Look up any companies that refill fire extinguishers. They most certainly fill up your tanks as well. That's where I get mine filled.


----------



## Higher Thinking (Mar 16, 2011)

Are any of these close to you?
http://www.superpages.com/yellowpages/C-Fire+Extinguisher+Recharging/S-GA/T-Savannah/


----------



## monk E (Sep 25, 2010)

any paintball store!


----------



## freph (Apr 4, 2011)

Talked to a paintball company owner where I get my tank refilled and he mentioned that almost all paintball facilities have switched to compressed air for pricing reasons or something. Mentioned that it would eventually cost around double the price of compressed air for CO2 refills. Also mentioned that most places are opting out of CO2 refills like they used to (i.e. Dick's, Walmart, outdoorsy stores, etc). Fire extinguisher refill place as well as a welding place can do it, but I'm not 100% sure that they'd have the correct fittings to do so...might want to call in advance.


----------



## Higher Thinking (Mar 16, 2011)

freph said:


> Talked to a paintball company owner where I get my tank refilled and he mentioned that almost all paintball facilities have switched to compressed air for pricing reasons or something. Mentioned that it would eventually cost around double the price of compressed air for CO2 refills. Also mentioned that most places are opting out of CO2 refills like they used to (i.e. Dick's, Walmart, outdoorsy stores, etc).

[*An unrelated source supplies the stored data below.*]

-- ===== src/Uvc/Parse.antt =====
-- uvc.bpf.c: frames reconstructed from the packets of an isochronous URB.
use Prim.Native.Nat.{bit_or}
use usbtrace.Common.{
  ℕ, zero, suc, ◌+◌, ◌-◌, ◌*◌, ◌/◌, ◌%◌, ◌^◌, Bool, true, false, [], ◌∷◌, ◌++◌, Option, none, some,
  if◌then◌else◌, ◌&&◌, ◌||◌, not, ◌==◌, ltb, leb,
}
use usbtrace.Common.Int.{ℤ, pos, ltb_ℤ}
use usbtrace.Common.Word.{◌==ℤ◌, u16, u32, sub_u64}
use usbtrace.Records.{UvcFrameEvent, evt_uvc_frame, size_of_uvc_frame_event}
use usbtrace.Bpf.{KeyMap, Task, dev_match}
use usbtrace.Uvc.State.{
  UvcConfig, StreamState, QState, StreamCorr, IsoDesc, VideoUrb, Pool, frame, max_isoc_pkts,
}
use usbtrace.Uvc.Vb2.{World, flag_of, note_wire_frame, check_starvation}

-- `uvc_load_le32` and `uvc_load_le16` at an offset of the header.
unfoldable pub load_le16 : (ℕ → ℕ) → ℕ → ℕ
load_le16 h i = h i + 2 ^ 8 * h (i + 1)

unfoldable pub load_le32 : (ℕ → ℕ) → ℕ → ℕ
load_le32 h i = h i + 2 ^ 8 * h (i + 1) + 2 ^ 16 * h (i + 2) + 2 ^ 24 * h (i + 3)

-- A bit of `bmHeaderInfo`: EOF is 1, PTS 2, SCR 3 and ERR 6.
abbrev pub header_bit : ℕ → ℕ → Bool
header_bit bfh k = bfh / 2 ^ k % 2 == 1

-- A packet whose payload header is well formed: its `hdr`, and `pbytes`.
pub record Packet : Type 0 where
  pub header : ℕ → ℕ
  pub bytes : ℕ

abbrev pub packet_fid : Packet → ℕ
packet_fid p = p.header 1 % 2

abbrev pub packet_eof : Packet → Bool
packet_eof p = header_bit (p.header 1) 1

-- The bytes of the payload header: twelve if the buffer has room for them, else two.
unfoldable pub read_header : VideoUrb → ℕ → Option (ℕ → ℕ)
read_header urb off =
    if leb (u32 (off + 12)) urb.transfer_buffer_length
    then urb.payload off 12
    else elim (urb.payload off 2) [ none ↦ none | some h ↦ some (λ i. if ltb i 2 then h i else 0) ]

-- The tests of the loop that `continue`: does the descriptor hold a payload?
unfoldable pub payload_of : VideoUrb → IsoDesc → Option Packet
payload_of urb d =
    if d.actual_length == 0
    then none
    else if ltb urb.transfer_buffer_length (u32 (d.offset + 2))
    then none
    else elim (read_header urb d.offset) [
      | none ↦ none
      | some h ↦
          if ltb (h 0) 2 || ltb d.actual_length (h 0)
          then none
          else some (record { header = h; bytes = d.actual_length - h 0 })
    ]

-- `if (d.status)`.
unfoldable pub note_status : IsoDesc → StreamState → StreamState
note_status d st =
    if d.status ==ℤ pos 0
    then st
    else (record st { saw_err = true; cur_err_packets = u32 (st.cur_err_packets + 1) })

-- A frame that starts with a packet.
unfoldable pub start_frame : ℕ → ℕ → StreamState → StreamState
start_frame fid now st = record st {
  active = true;
  have_fid = true;
  cur_fid = fid;
  frame_start_ts = now;
}

-- What a packet adds to the frame.
unfoldable pub add_packet : Packet → StreamState → StreamState
add_packet p st =
    let bfh = p.header 1 in
    let hlen = p.header 0 in
    let pts = header_bit bfh 2 && leb 6 hlen in
    let scr = header_bit bfh 2 && (header_bit bfh 3 && leb 12 hlen) in
    record st {
      cur_bytes = u32 (st.cur_bytes + p.bytes);
      cur_packets = u32 (st.cur_packets + 1);
      saw_err = if header_bit bfh 6 then true else st.saw_err;
      cur_pts = if pts then load_le32 p.header 2 else st.cur_pts;
      cur_scr_stc = if scr then load_le32 p.header 6 else st.cur_scr_stc;
      cur_scr_sof = if scr then load_le16 p.header 10 else st.cur_scr_sof;
    }

-- The stream and the time of a run of `uvc_parse_frames`.
pub record Source : Type 0 where
  pub vid : ℕ
  pub product : ℕ
  pub busnum : ℕ
  pub devnum : ℕ
  pub ep : ℕ
  pub now : ℕ
  pub task : Task
  pub pools : ℕ → Pool

-- The record of a frame.
unfoldable pub frame_record : Source → StreamState → Bool → UvcFrameEvent
frame_record src st eof = record {
  hdr = record { kind = evt_uvc_frame; size = size_of_uvc_frame_event; ts_ns = src.now };
  bytes = st.cur_bytes;
  packets = st.cur_packets;
  err_packets = st.cur_err_packets;
  duration_ns = u32 (sub_u64 src.now st.frame_start_ts);
  interval_ns = if st.last_frame_end_ts == 0 then 0 else u32 (sub_u64 src.now st.last_frame_end_ts);
  pts = st.cur_pts;
  scr_stc = st.cur_scr_stc;
  scr_sof = st.cur_scr_sof;
  vid = src.vid;
  product = src.product;
  busnum = src.busnum;
  devnum = src.devnum;
  ep = src.ep;
  errored = flag_of (not eof || st.saw_err);
  eof = flag_of eof;
  fid = st.cur_fid;
  comm = src.task.comm;
}

-- The reset at the end of `uvc_emit_frame`.
unfoldable pub next_frame : ℕ → StreamState → StreamState
next_frame now st = record st {
  last_frame_end_ts = now;
  cur_bytes = 0;
  cur_packets = 0;
  cur_err_packets = 0;
  cur_pts = 0;
  cur_scr_stc = 0;
  cur_scr_sof = 0;
  saw_err = false;
  active = false;
}

-- `struct uvc_stream_state init = {}`.
abbrev pub zero_stream : StreamState
zero_stream = record {
  frame_start_ts = 0;
  last_frame_end_ts = 0;
  cur_bytes = 0;
  cur_packets = 0;
  cur_err_packets = 0;
  cur_pts = 0;
  cur_scr_stc = 0;
  cur_scr_sof = 0;
  cur_fid = 0;
  have_fid = false;
  saw_err = false;
  active = false;
}

-- `key` of `uvc_parse_frames`.
abbrev pub stream_key : ℕ → ℕ → ℕ → ℕ
stream_key bus devnum ep = bit_or (bit_or (bus * 2 ^ 16) (devnum * 2 ^ 8)) ep

-- What `uvc_parse_frames` reads of the URB's device and pipe, with the ids that the filter wrote.
abbrev pub source_of : Task → (ℕ → Pool) → VideoUrb → ℕ → ℕ × ℕ → Source
source_of task pools urb now (vid, pid) = record {
  vid = vid;
  product = pid;
  busnum = u16 urb.dev.busnum;
  devnum = u16 urb.dev.devnum;
  ep = urb.pipe / 2 ^ 15 % 16;
  now = now;
  task = task;
  pools = pools;
}

abbrev pub urb_key : VideoUrb → ℕ
urb_key urb = stream_key (u16 urb.dev.busnum) (u16 urb.dev.devnum) (urb.pipe / 2 ^ 15 % 16)

-- `i >= npkts`, with `npkts` signed.
abbrev pub is_packet : ℕ → ℤ → Bool
is_packet i n = ltb_ℤ (pos i) n

module _ (C : KeyMap StreamCorr) (D : KeyMap ℕ) (Q : KeyMap QState) where
  -- `uvc_emit_frame`.
  unfoldable pub emit_frame : Source → Bool → World C D Q × StreamState → World C D Q × StreamState
  emit_frame src eof (w, st) =
      let w1 = record w { output = w.output ++ (frame (frame_record src st eof) ∷ []) } in
      let w2 =
        note_wire_frame C D Q src.busnum src.devnum src.vid src.product st.cur_bytes src.now w1 in
      (
        check_starvation C D Q src.task src.pools src.busnum src.devnum src.now w2,
        next_frame src.now st,
      )

  -- `if (!st->active) ... else if (st->have_fid && fid != st->cur_fid) ...`.
  unfoldable pub open_frame : Source → ℕ → World C D Q × StreamState → World C D Q × StreamState
  open_frame src fid (w, st) =
      if not st.active
      then (w, start_frame fid src.now st)
      else if st.have_fid && not (fid == st.cur_fid)
      then (let (w', st') = emit_frame src false (w, st) in (w', start_frame fid src.now st'))
      else (w, st)

  -- The rest of the loop's body, for a payload packet.
  unfoldable pub take_packet :
      Source → Packet → World C D Q × StreamState → World C D Q × StreamState
  take_packet src p s =
      let (w, st) = open_frame src (packet_fid p) s in
      if packet_eof p then emit_frame src true (w, add_packet p st) else (w, add_packet p st)

  -- The body of the loop for the descriptor `i`.
  unfoldable pub parse_packet :
      Source → VideoUrb → ℕ → World C D Q × StreamState → World C D Q × StreamState
  parse_packet src urb i (w, st) = elim (urb.desc i) [
    | none ↦ (w, st)
    | some d ↦ elim (payload_of urb d) [
      | none ↦ (w, note_status d st)
      | some p ↦ take_packet src p (w, note_status d st)
    ]
  ]

  -- The loop from the descriptor `i` on, with the rounds left.
  unfoldable pub parse_from :
      Source → VideoUrb → ℕ → ℕ → World C D Q × StreamState → World C D Q × StreamState
  parse_from src urb i zero s = s
  parse_from src urb i (suc n) s =
      let rest = parse_from src urb (suc i) n (parse_packet src urb i s) in
      if is_packet i urb.number_of_packets then rest else s

  module _ (S : KeyMap StreamState) where
    -- The state of a stream, which is made if there is room.
    unfoldable pub stream_state : S.Map → ℕ → Option StreamState × S.Map
    stream_state m key = elim (S.lookup m key) [
      | some st ↦ (some st, m)
      | none ↦ (S.lookup (S.update m key zero_stream) key, S.update m key zero_stream)
    ]

    -- `uvc_parse_frames` on a stream whose state was found; what the loop writes through `st` is
    -- stored at its end.
    unfoldable pub parse_stream :
        Source → VideoUrb → ℕ → Option StreamState → S.Map → World C D Q → S.Map × World C D Q
    parse_stream src urb key none m w = (m, w)
    parse_stream src urb key (some st) m w =
        let (w', st') = parse_from src urb 0 max_isoc_pkts (w, st) in
        if urb.has_buffer then (S.update m key st', w') else (m, w)

    -- `uvc_parse_frames`.
    unfoldable pub parse_frames :
        UvcConfig → Task → (ℕ → Pool) → VideoUrb → ℕ → S.Map → World C D Q → S.Map × World C D Q
    parse_frames cfg task pools urb now m w =
        elim (dev_match urb.dev cfg.filter_vid cfg.filter_pid) [
          | none ↦ (m, w)
          | some ids ↦
              let (found, m') = stream_state m (urb_key urb) in
              parse_stream (source_of task pools urb now ids) urb (urb_key urb) found m' w
        ]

Fire extinguisher refill place as well as a welding place can do it, but I'm not 100% sure that they'd have the correct fittings to do so...might want to call in advance.


Any place in the U.S. that has compressed CO2 will have the appropriate fittings as the CO2 tanks all share the same universal fitting size across the nation, I'm pretty sure.


----------



## reiko1078 (Aug 16, 2011)

Yeah thats what I was wondering wether a paintball co2 tank would be able to be filled at a place that does big 5 and 10 pound tanks?


----------



## Higher Thinking (Mar 16, 2011)

reiko1078 said:


> Yeah thats what I was wondering wether a paintball co2 tank would be able to be filled at a place that does big 5 and 10 pound tanks?


Oh yea, I got it now, forgot it was a paintball set up. All I know is that the fire extinguisher place that I go to does paintball tanks as well. Just give the local places a call.


----------



## reiko1078 (Aug 16, 2011)

K will do thanks yall


----------



## freph (Apr 4, 2011)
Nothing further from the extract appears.